Sunday, July 8, 2012

A Retelling of the Cockamouse Tale


I admit it. I’m a How I Met Your Mother fanatic. Don’t worry. This isn’t a romance story (or I’m sorry, this isn’t a romance story). This is verifiable proof that the cockamouse is real.

This weekend I’m in Tulsa. I was supposed to meet with a potential supplier—Topeca coffee—but that fell through, unfortunately. Fortunately, I was staying with my good friend—we’ll call her Sprinkle—and we managed to fill up our time. I had previously done some work for her, and in repayment, she was going to list and ship all of my used books I was trying to offload. My bookcases are so heavily burdened I have run out of places to stack books, of which I could not possibly stop buying/borrowing/burglaring. I only brought two giant tote bags of books.

It bears mentioning that the previous night she found a spider in the apartment. I have full-fledged arachnophobia. She’s not much better. I’m way worse. Sprinkle had to coerce me from all the way across the room to within five feet of her and the spider so I could be on standby with a shoe in case her broom didn’t kill it. And then instead of whacking the hell out of the spider, I simply threw the shoe at it, screamed, and ran back to the other side of the room. She ended up picking up the shoe and stomping it to death. The next morning we saw Spiderman. (It was good. You should totally go see it.)

So that afternoon, after Spiderman made us want superhero boyfriends, we ran into a situation requiring a superhero boyfriend…or at the very least a boyfriend.

I was sitting on the couch working on Pinterest—a full-time occupation in my unemployed status—while Sprinkle pulled tome after tome from the depths of a truly cavernous black tote bag. With a gasp and a bang she dropped several novels at once.

“What is it?” I asked, but considerably more strident in tone than necessary. I had not forgotten the spider of last night.

“Okay! I’m done. It’s a spider. A huge spider.” She held up her fingers to indicate a near tarantula-sized monster that now lurked in the depths of the bag.

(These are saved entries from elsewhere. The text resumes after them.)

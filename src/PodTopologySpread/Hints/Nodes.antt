-- ===== src/PodTopologySpread/Hints/Nodes.antt =====
-- The node hint of pkg/podtopologyspread/plugin.go against `calPreFilterState` and `Filter` of
-- filtering.go: the nodes before an event and after it.
pub mod Unchanged
use cozystack_scheduler.Prelude.{
  ◌≡◌, refl, sym, ◌∙◌, ◌⊎◌, inl, inr, true, false, not, Option, none, some, List, [], ◌∷◌, ◌++◌,
  map, Bool-cases,
}
use mathlib.Core.Path.{subst}
use cozystack_scheduler.Result.{ok}
use cozystack_scheduler.Api.{Pod, Node, Taint}
use cozystack_scheduler.Framework.{
  NodeInfo, success, holds, Event, created, deleted, updated, queue,
}
use cozystack_scheduler.PodTopologySpread.{
  Constraint, PodTopologySpread, get_constraints, node_labels_match_spread_constraints,
}
use cozystack_scheduler.PodTopologySpread.State.{process_node, run_filter, state_of}
use cozystack_scheduler.PodTopologySpread.Hints.{
  DeepEqual, check_topology_key_labels_changed, is_schedulable_after_node_change, node_change_hint,
}
use cozystack_scheduler.PodTopologySpread.Hints.Nodes.Unchanged.{
  SameKeys, unchanged-SameKeys, at_node, process_node-unmatched, same_process, same_filter,
  passes-matched, add_nodes-drop, add_nodes-swap,
}

module _ {S R Object Raw : Type 0} (pl : PodTopologySpread S R Object Raw) (pod : Pod)
    (info : NodeInfo S) (eq : DeepEqual) (cs : List (Constraint S))
    (xs ys : List (NodeInfo S)) where
  -- The nodes before the event, and after it.
  abbrev pub nodes_before : Event Node → List (NodeInfo S)
  nodes_before (created new) = xs ++ ys
  nodes_before (deleted old) = xs ++ at_node info old ∷ ys
  nodes_before (updated old new) = xs ++ at_node info old ∷ ys

  abbrev pub nodes_after : Event Node → List (NodeInfo S)
  nodes_after (created new) = xs ++ at_node info new ∷ ys
  nodes_after (deleted old) = xs ++ ys
  nodes_after (updated old new) = xs ++ at_node info new ∷ ys

  -- Filter passes the node on the state that calPreFilterState computes.
  abbrev pub Passes : List (NodeInfo S) → NodeInfo S → Type 0
  Passes nodes i = run_filter pl (holds (state_of pl pod cs nodes)) pod i ≡ some success

  -- Some other node, or the node of the event, is there and passes.
  abbrev pub PassedBefore : Event Node → Option (NodeInfo S) → Type 0
  PassedBefore event (some i) = Passes (nodes_before event) i
  PassedBefore (created new) none = ⊥
  PassedBefore (deleted old) none = Passes (nodes_before (deleted old)) (at_node info old)
  PassedBefore (updated old new) none = Passes (nodes_before (updated old new)) (at_node info old)

  abbrev pub PassesAfter : Event Node → Option (NodeInfo S) → Type 0
  PassesAfter event (some i) = Passes (nodes_after event) i
  PassesAfter (created new) none = Passes (nodes_after (created new)) (at_node info new)
  PassesAfter (deleted old) none = ⊥
  PassesAfter (updated old new) none = Passes (nodes_after (updated old new)) (at_node info new)

  -- An update leaves the pod's node affinity for the node as it was.
  abbrev pub KeepsAffinity : Event Node → Type 0
  KeepsAffinity (created new) = Unit
  KeepsAffinity (deleted old) = Unit
  KeepsAffinity (updated old new) = pl.required_matches pod old ≡ pl.required_matches pod new

  Unaffected : Event Node → Type 0
  Unaffected event =
      (target : Option (NodeInfo S)) → PassesAfter event target → PassedBefore event target

  dropped-state :
      (node : Node)
      → node_labels_match_spread_constraints node.labels cs ≡ false
      → state_of pl pod cs (xs ++ at_node info node ∷ ys) ≡ state_of pl pod cs (xs ++ ys)
  unfolding state_of
  dropped-state node h =
      let same =
        add_nodes-drop pl pod info cs (at_node info node) xs ys (map (λ c. []) cs)
          (process_node-unmatched pl pod info cs node h) in
      rw (state_of, same) refl

  swapped-state :
      (old new : Node)
      → process_node pl pod cs (at_node info old) ≡ process_node pl pod cs (at_node info new)
      → state_of pl pod cs (xs ++ at_node info old ∷ ys)
        ≡ state_of pl pod cs (xs ++ at_node info new ∷ ys)
  unfolding state_of
  swapped-state old new h =
      let same =
        add_nodes-swap pl pod info cs (at_node info old) (at_node info new) xs ys (map (λ c. []) cs)
          h in
      rw (state_of, same) refl

  Passes-matched :
      (nodes : List (NodeInfo S)) (node : Node)
      → Passes nodes (at_node info node)
      → node_labels_match_spread_constraints node.labels cs ≡ true
  unfolding run_filter state_of
  Passes-matched nodes node h = passes-matched pl pod info node cs _ _ h

  created-Unaffected :
      (new : Node)
      → node_labels_match_spread_constraints new.labels cs ≡ false
      → Unaffected (created new)
  unfolding Unaffected
  created-Unaffected new h none p = cc (Passes-matched _ new p, h)
  created-Unaffected new h (some i) p =
      subst (λ s. run_filter pl (holds s) pod i ≡ some success) (dropped-state new h) p

  deleted-Unaffected :
      (old : Node)
      → node_labels_match_spread_constraints old.labels cs ≡ false
      → Unaffected (deleted old)
  unfolding Unaffected
  deleted-Unaffected old h none p = elim p [ ]
  deleted-Unaffected old h (some i) p =
      subst (λ s. run_filter pl (holds s) pod i ≡ some success) (sym (dropped-state old h)) p

  unmatched-Unaffected :
      (old new : Node)
      → node_labels_match_spread_constraints old.labels cs ≡ false
      → node_labels_match_spread_constraints new.labels cs ≡ false
      → Unaffected (updated old new)
  unfolding Unaffected
  unmatched-Unaffected old new h k none p = cc (Passes-matched _ new p, k)
  unmatched-Unaffected old new h k (some i) p =
      subst (λ s. run_filter pl (holds s) pod i ≡ some success)
        (dropped-state new k ∙ sym (dropped-state old h)) p

  same-run :
      (old new : Node)
      → old.taints ≡ new.taints
      → pl.required_matches pod old ≡ pl.required_matches pod new
      → (nodes : List (NodeInfo S)) → SameKeys cs old.labels new.labels
      → run_filter pl (holds (state_of pl pod cs nodes)) pod (at_node info old)
        ≡ run_filter pl (holds (state_of pl pod cs nodes)) pod (at_node info new)
  unfolding run_filter state_of
  same-run old new t a nodes s = same_filter pl pod info old new t a cs _ _ s

  matched-Unaffected :
      (old new : Node)
      → old.taints ≡ new.taints
      → pl.required_matches pod old ≡ pl.required_matches pod new
      → node_labels_match_spread_constraints old.labels cs ≡ true
      → node_labels_match_spread_constraints new.labels cs ≡ true
      → SameKeys cs old.labels new.labels
      → Unaffected (updated old new)
  unfolding Unaffected
  matched-Unaffected old new t a h k s none p =
      let before =
        subst (λ s. run_filter pl (holds s) pod (at_node info new) ≡ some success)
          (sym (swapped-state old new (same_process pl pod info old new t a cs h k s))) p in
      same-run old new t a (xs ++ at_node info old ∷ ys) s ∙ before
  matched-Unaffected old new t a h k s (some i) p =
      subst (λ s. run_filter pl (holds s) pod i ≡ some success)
        (sym (swapped-state old new (same_process pl pod info old new t a cs h k s))) p

  -- Equal only at equal taints.
  abbrev pub ExactTaints : Type 0
  ExactTaints = (a b : List Taint) → eq.same_taints a b ≡ true → a ≡ b

  updated-cases :
      (old new : Node)
      → ExactTaints
      → pl.required_matches pod old ≡ pl.required_matches pod new
      → node_labels_match_spread_constraints old.labels cs ≡ true
      → node_labels_match_spread_constraints new.labels cs ≡ true
      → (node_change_hint pl eq cs (updated old new) ≡ queue) ⊎ Unaffected (updated old new)
  updated-cases old new exact a h k =
      elim (Bool-cases (check_topology_key_labels_changed old.labels new.labels cs)) [
        | inl c ↦ inl (rw (node_change_hint, h, k, c) refl)
        | inr c ↦ elim (Bool-cases (eq.same_taints old.taints new.taints)) [
          | inl t ↦ inr (
              matched-Unaffected old new (exact old.taints new.taints t) a h k
                (unchanged-SameKeys cs old.labels new.labels h k c))
          | inr t ↦ inl (rw (node_change_hint, h, k, c, t) refl)
        ]
      ]

  -- The hint queues the pod, or the event makes no node pass.
  node_change-cases :
      (event : Event Node)
      → ExactTaints
      → KeepsAffinity event
      → (node_change_hint pl eq cs event ≡ queue) ⊎ Unaffected event
  node_change-cases (created new) exact a =
      elim (Bool-cases (node_labels_match_spread_constraints new.labels cs)) [
        | inl h ↦ inl (rw (node_change_hint, h) refl)
        | inr h ↦ inr (created-Unaffected new h)
      ]
  node_change-cases (deleted old) exact a =
      elim (Bool-cases (node_labels_match_spread_constraints old.labels cs)) [
        | inl h ↦ inl (rw (node_change_hint, h) refl)
        | inr h ↦ inr (deleted-Unaffected old h)
      ]
  node_change-cases (updated old new) exact a =
      elim (Bool-cases (node_labels_match_spread_constraints old.labels cs)) [
        | inl h ↦ elim (Bool-cases (node_labels_match_spread_constraints new.labels cs)) [
          | inl k ↦ updated-cases old new exact a h k
          | inr k ↦ inl (rw (node_change_hint, h, k) refl)
        ]
        | inr h ↦ elim (Bool-cases (node_labels_match_spread_constraints new.labels cs)) [
          | inl k ↦ inl (rw (node_change_hint, h, k) refl)
          | inr k ↦ inr (unmatched-Unaffected old new h k)
        ]
      ]

  -- A node is added, deleted or updated: where DeepEqual tells taints apart and an update leaves
  -- the pod's node affinity for the node as it was, a node that Filter passes after the event, on
  -- the state that calPreFilterState then computes, and did not pass before makes the hint queue
  -- the pod.
  pub is_schedulable_after_node_change-queue :
      (event : Event Node) (target : Option (NodeInfo S))
      → get_constraints pl pod ≡ ok cs
      → ExactTaints
      → KeepsAffinity event
      → PassesAfter event target
      → ¬ (PassedBefore event target)
      → is_schedulable_after_node_change pl eq pod event ≡ ok queue
  unfolding is_schedulable_after_node_change Unaffected
  is_schedulable_after_node_change-queue event target found exact a after before =
      elim (node_change-cases event exact a) [
        | inl e ↦ rw (is_schedulable_after_node_change, found, e) refl
        | inr same ↦ absurd (before (same target after))
      ]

She didn’t have to say it out loud. We both knew after my cowardly behavior last night that it was my turn up to bat. I slowly placed my laptop on the couch beside me. Stood up. Tentatively approached the bag resting on the coffee table, which I swear was radiating evil or something. And timidly peeked into the shadow opening.

Nothing. I only saw books at the very bottom. I shook the top of the bag a little bit as I muttered about Andrew Garfield knowing what to do. Something truly giant ran out from under a book and up the side of the tote bag—directly toward me. I screamed and fell over Sprinkle in my mad scramble backward.

“Not a spider!”

“What?” (She was yelling at the top of her voice too.)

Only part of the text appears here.